The emergence of antimicrobial resistance during antibiotic treatment can occur in the infected organ system and/or in the endogenous normal gut flora (3). Antimicrobial agents, including fluoroquinolones, can be extensively excreted into the intestinal tract, exposing the normal host flora to antimicrobial selective pressure (i.e., inhibition of competing microflora). This may lead to a secondary development of antibiotic-resistant gut organisms (2, 3, 17). Klebsiella pneumoniae is an important opportunistic pathogen implicated in nosocomial bacterial infections (19). Epidemiological studies have shown that the majority of K. pneumoniae infections are often preceded by colonization of the patient's gastrointestinal tract by the bacteria (9, 10). Recent reports suggest that fluoroquinolone-resistant Klebsiella pneumoniae isolates are common in many long-term care facilities and hospitals and are often associated with multidrug-resistant phenotypes (11, 22). The origins of this resistant K. pneumoniae gut subpopulation deserve attention. A possible factor contributing to the emergence of a resistant subpopulation of K. pneumoniae in the gut could be inadequate treatment of a prior K. pneumoniae infection, with secondary gut colonization by K. pneumoniae. This K. pneumoniae strain may then expand in the gut flora due to the selective pressure of the antibiotic reaching the gut lumen.
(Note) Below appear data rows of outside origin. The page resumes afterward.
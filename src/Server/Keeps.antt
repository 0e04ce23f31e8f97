-- ===== src/Server/Keeps.antt =====
-- What the operations on streams leave alone: the calls and their replies.
use network_skill_lab.Prelude.{
  Bool, List, Option, Result, [], ap, err, false, if◌then◌else◌, inl, inr, none, ok, refl, set,
  some, true, ℕ, ◌+◌, ◌==◌, ◌∷◌, ◌≡◌, ◌⊎◌,
}
use network_skill_lab.Content.Lab.{Bytes}
use network_skill_lab.Protocol.Frame.{FrameError, decode_stream_frame}
use network_skill_lab.Server.Stream.{Stream}
use network_skill_lab.Server.Stream
use network_skill_lab.Server.Conn.{
  next_of, notify_closed, close_stream, close_object, Conn, notify_if, unlisted, close_once,
  close_found, pushed, frame_for, handle_frame, handle_stream_closed, set_object, push_found,
  frame_of, end_found, refuse_once, end_object, Sent, call_sent, cancel_sent, close_terminal_sent,
}

-- How many of the messages are calls with this id.
abbrev pub calls_to : ℕ → List Sent → ℕ
calls_to id [] = 0
calls_to id (call_sent n method ∷ rest) = (if n == id then 1 else 0) + calls_to id rest
calls_to id (cancel_sent n ∷ rest) = calls_to id rest
calls_to id (close_terminal_sent n ∷ rest) = calls_to id rest

abbrev pub Keeps : Conn → Conn → Type 0
Keeps c c' =
    (c'.pending ≡ c.pending)
    × (c'.replies ≡ c.replies)
    × ((id : ℕ) → calls_to id c'.sent ≡ calls_to id c.sent)
    × ((c'.next_id ≡ c.next_id) ⊎ (c'.next_id ≡ next_of c.next_id))

unmoved : (c : Conn) → Keeps c c
unmoved c = (refl, refl, (λ id. refl), inl refl)

notify_if-Keeps :
    (tells : Bool) (number : ℕ) (c c' : Conn)
    → Keeps c c'
    → c'.next_id ≡ c.next_id
    → Keeps c (notify_if tells number c')
unfolding notify_closed
notify_if-Keeps true number c c' (p, r, s, d) e = (p, r, s, inr (ap next_of e))
notify_if-Keeps false number c c' k e = k

pub close_stream-Keeps : (number : ℕ) (c : Conn) → Keeps c (close_stream number c)
unfolding close_stream
close_stream-Keeps number c = notify_if-Keeps _ number c (unlisted number c) (unmoved c) refl

close_once-Keeps : (done : Bool) (k : ℕ) (s : Stream) (c : Conn) → Keeps c (close_once done k s c)
close_once-Keeps true k s c = unmoved c
close_once-Keeps false k s c = close_stream-Keeps s.number (set_object k (Stream.close s) c)

pub close_object-Keeps : (k : ℕ) (c : Conn) → Keeps c (close_object k c)
unfolding close_object
close_object-Keeps k c = found (c.objects k)
  where
    found : (o : Option Stream) → Keeps c (close_found o k c)
    found none = unmoved c
    found (some s) = close_once-Keeps s.closed k s c

pushed-Keeps : (k : ℕ) (p : Bool × Stream) (c : Conn) → Keeps c (pushed k p c)
pushed-Keeps k (true, s) c = unmoved c
pushed-Keeps k (false, s) c = close_object-Keeps k (set_object k s c)

frame_for-Keeps :
    (o : Option ℕ) (number : ℕ) (payload : Bytes) (c : Conn)
    → Keeps c (frame_for o number payload c)
frame_for-Keeps (some k) number payload c = found (c.objects k)
  where
    found : (o : Option Stream) → Keeps c (push_found o k payload c)
    found none = unmoved c
    found (some s) = pushed-Keeps k (Stream.push payload s) c
frame_for-Keeps none number payload c = refused (c.closed_streams number)
  where
    refused : (b : Bool) → Keeps c (refuse_once b number c)
    refused true = unmoved c
    refused false =
        notify_if-Keeps true number c
          (record c { closed_streams = set number true c.closed_streams }) (unmoved c) refl

pub handle_frame-Keeps : (frame : Bytes) (c : Conn) → Keeps c (handle_frame frame c)
unfolding handle_frame
handle_frame-Keeps frame c = decoded (decode_stream_frame frame)
  where
    decoded : (r : Result FrameError (ℕ × Bytes)) → Keeps c (frame_of r c)
    decoded (err e) = unmoved c
    decoded (ok (number, payload)) = frame_for-Keeps (c.streams number) number payload c

pub handle_stream_closed-Keeps : (number : ℕ) (c : Conn) → Keeps c (handle_stream_closed number c)
unfolding handle_stream_closed
handle_stream_closed-Keeps number c = listed (c.streams number)
  where
    found : (o : Option Stream) (k : ℕ) → Keeps c (end_found o k (unlisted number c))
    found none k = unmoved c
    found (some s) k = unmoved c

    listed : (o : Option ℕ) → Keeps c (end_object o (unlisted number c))
    listed none = unmoved c
    listed (some k) = found (c.objects k) k
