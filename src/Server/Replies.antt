-- ===== src/Server/Replies.antt =====
-- That each call is answered at most once, whatever the runner and the callers do.
use network_skill_lab.Prelude.{
  Bool, Bool-cases, List, Option, Option-cases, String, [], arith, false, if◌then◌else◌, inl, inr,
  none, refl, set, some, str_eq, subst, suc, true, ℕ, ◌&&◌, ◌+◌, ◌<◌, ◌==◌, ◌^◌, ◌∷◌, ◌≡◌, ◌≤◌,
}
use network_skill_lab.Content.Lab.{Bytes}
use network_skill_lab.Protocol.Failure.{Reply}
use network_skill_lab.Server.Conn.{
  next_of, start_call, begin_call, Delivered, Conn, forget, teardown, give_up, handle_result,
  close_object, open_stream, deliver, opened, open_as, Sent, call_sent, cancel_sent,
}
use network_skill_lab.Server.Keeps.{Keeps, calls_to, close_object-Keeps}

abbrev pub replies_to : ℕ → List Delivered → ℕ
replies_to id [] = 0
replies_to id (d ∷ ds) = (if d.call == id then 1 else 0) + replies_to id ds

abbrev pub waiting : Option String → ℕ
waiting none = 0
waiting (some method) = 1

-- The calls with an id, of which there is at most one, have a reply or wait for it, never both. `n`
-- bounds the ids that were drawn, of which `next` is the last.
pub record Inv (n next : ℕ) (pending : ℕ → Option String) (replies : List Delivered)
    (sent : List Sent) : Type 0 where
  pub once : (id : ℕ) → replies_to id replies + waiting (pending id) ≤ calls_to id sent
  pub single : (id : ℕ) → calls_to id sent ≤ 1
  pub fresh : (id : ℕ) → next < id → calls_to id sent ≡ 0
  pub drawn : next ≤ n

abbrev pub InvOf : ℕ → Conn → Type 0
InvOf n c = Inv n c.next_id c.pending c.replies c.sent

module _ (n next : ℕ) (pending : ℕ → Option String) (replies : List Delivered)
    (sent : List Sent) where
  pub grow-Inv : Inv n next pending replies sent → Inv (suc n) next pending replies sent
  grow-Inv v = record {
    once = v.once;
    single = v.single;
    fresh = v.fresh;
    drawn = omega (arith, v.drawn);
  }

  draw-Inv : Inv n next pending replies sent → Inv (suc n) (next + 1) pending replies sent
  draw-Inv v = record {
    once = v.once;
    single = v.single;
    fresh = λ id h. v.fresh id (omega arith);
    drawn = omega (arith, v.drawn);
  }

  drop-Inv :
      (id : ℕ) → Inv n next pending replies sent → Inv n next (set id none pending) replies sent
  drop-Inv id v = record {
    once = λ j. ground (arith, v.once j);
    single = v.single;
    fresh = v.fresh;
    drawn = v.drawn;
  }

  -- A call that is sent has the next id.
  put-Inv :
      (method : String)
      → Inv n next pending replies sent
      → Inv
          (suc n)
          (next + 1)
          (set (next + 1) (some method) pending)
          replies
          (call_sent (next + 1) method ∷ sent)
  put-Inv method v = record {
    once = λ id. ground (arith, v.once id, v.fresh id);
    single = λ id. ground (arith, v.single id, v.fresh id);
    fresh = λ id h. ground (arith, v.fresh id);
    drawn = omega (arith, v.drawn);
  }

  answer-Inv :
      (d : Delivered) (method : String)
      → pending d.call ≡ some method
      → Inv n next pending replies sent
      → Inv n next (set d.call none pending) (d ∷ replies) sent
  answer-Inv d method p v = record {
    once = λ j. elim (Bool-cases (d.call == j)) [
      | inl e ↦
          let same : d.call ≡ j = ground (arith, e) in
          let waits : pending j ≡ some method = subst (λ k. pending k ≡ some method) same p in
          let old = rw waits at (v.once j) in rw e (omega (arith, old))
      | inr e ↦ rw e (omega (arith, v.once j))
    ];
    single = v.single;
    fresh = v.fresh;
    drawn = v.drawn;
  }

  same-Inv :
      (sent' : List Sent)
      → ((id : ℕ) → calls_to id sent' ≡ calls_to id sent)
      → Inv n next pending replies sent
      → Inv n next pending replies sent'
  same-Inv sent' s v = record {
    once = λ id. rw (s id) (v.once id);
    single = λ id. rw (s id) (v.single id);
    fresh = λ id h. rw (s id) (v.fresh id h);
    drawn = v.drawn;
  }

pub Keeps-Inv : (n : ℕ) (c c' : Conn) → suc n < 2 ^ 64 → Keeps c c' → InvOf n c → InvOf (suc n) c'
Keeps-Inv n c c' small (p, r, s, d) v =
    let w = same-Inv n c.next_id c.pending c.replies c.sent c'.sent s v in
    elim d [
      | inl e ↦ rw (e, p, r) (grow-Inv n c.next_id c.pending c.replies c'.sent w)
      | inr e ↦
          let next : c'.next_id ≡ c.next_id + 1 = omega (arith, e, v.drawn) in
          rw (next, p, r) (draw-Inv n c.next_id c.pending c.replies c'.sent w)
    ]

pub begin_call-Inv :
    (n : ℕ) (method : String) (sends : Bool) (c : Conn)
    → suc n < 2 ^ 64
    → InvOf n c
    → InvOf (suc n) (begin_call method sends c).1
unfolding begin_call
begin_call-Inv n method sends c small v =
    let new : next_of c.next_id ≡ c.next_id + 1 = omega (arith, v.drawn) in
    rw new (started c.done sends)
  where
    next : Inv (suc n) (c.next_id + 1) c.pending c.replies c.sent
    next = draw-Inv n c.next_id c.pending c.replies c.sent v

    started :
        (d s : Bool)
        → let id = c.next_id + 1 in
          InvOf (suc n) (start_call d s id method (record c { next_id = id })).1
    started true s = next
    started false true = put-Inv n c.next_id c.pending c.replies c.sent method v
    started false false =
        drop-Inv (suc n) (c.next_id + 1) c.pending c.replies c.sent (c.next_id + 1) next

forget-Inv : (n id : ℕ) (c : Conn) → InvOf n c → InvOf n (forget id c)
unfolding forget
forget-Inv n id c v = drop-Inv n c.next_id c.pending c.replies c.sent id v

pub teardown-Inv : (n : ℕ) (c : Conn) → InvOf n c → InvOf n (teardown c)
unfolding teardown
teardown-Inv n c v = record {
  once = λ id. omega (arith, v.once id);
  single = v.single;
  fresh = v.fresh;
  drawn = v.drawn;
}

cancelled :
    (n : ℕ) (c : Conn) (id : ℕ) → InvOf n c → InvOf n (record c { sent = cancel_sent id ∷ c.sent })
cancelled n c id v =
    same-Inv n c.next_id c.pending c.replies c.sent (cancel_sent id ∷ c.sent) (λ j. refl) v

pub give_up-Inv :
    (n id : ℕ) (k : Option ℕ) (c : Conn)
    → suc n < 2 ^ 64
    → InvOf n c
    → InvOf (suc n) (give_up id k c)
unfolding give_up
give_up-Inv n id none c small v =
    cancelled (suc n) (forget id c) id (grow-Inv n _ _ _ _ (forget-Inv n id c v))
give_up-Inv n id (some k) c small v = cancelled (suc n) (close_object k (forget id c)) id (
    Keeps-Inv n (forget id c) (close_object k (forget id c)) small
      (close_object-Keeps k (forget id c)) (forget-Inv n id c v))

module _ (decode : Option Bytes → Option ℕ) where
  pub handle_result-Inv :
      (n : ℕ) (r : Reply) (c : Conn) → InvOf n c → InvOf n (handle_result decode r c)
  unfolding handle_result open_stream forget
  handle_result-Inv n r c v = elim (Option-cases (c.pending r.id)) [
    | inl e ↦ rw e v
    | inr (method, e) ↦ rw e (answered (str_eq method "open_terminal" && r.is_ok) method e)
  ]
    where
      answered :
          (b : Bool) (method : String)
          → c.pending r.id ≡ some method
          → InvOf n (deliver decode r (opened decode b r (forget r.id c)))
      answered false method e = answer-Inv n c.next_id c.pending c.replies c.sent _ method e v
      answered true method e = shown (decode r.value)
        where
          shown : (o : Option ℕ) → InvOf n (deliver decode r (open_as o (forget r.id c)))
          shown none = answer-Inv n c.next_id c.pending c.replies c.sent _ method e v
          shown (some k) = answer-Inv n c.next_id c.pending c.replies c.sent _ method e v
Factors such as the concentration of the antimicrobial in the intestinal tract, the duration of the antimicrobial therapy, and the associated degree of disruption of the microflora may influence the likelihood that K. pneumoniae-resistant strains will or will not emerge at the gut level (3, 21). In previous studies on rodent models of Escherichia coli thigh infection and K. pneumoniae lung infection, we showed that the bacterial load at the start of antimicrobial treatment plays an important role in the enrichment of resistant strains at the infection site (4, 8). With a low inoculum, an early start of antimicrobial treatment with marbofloxacin, an expanded-spectrum fluoroquinolone extensively used in veterinary medicine, prevented mutant enrichment at the infection site, whereas a late start of the antimicrobial treatment with a high inoculum led to the enrichment of the resistant mutant subpopulation. Moreover, we showed that the emergence of resistance was dependent on the total marbofloxacin dose and dosage regimen.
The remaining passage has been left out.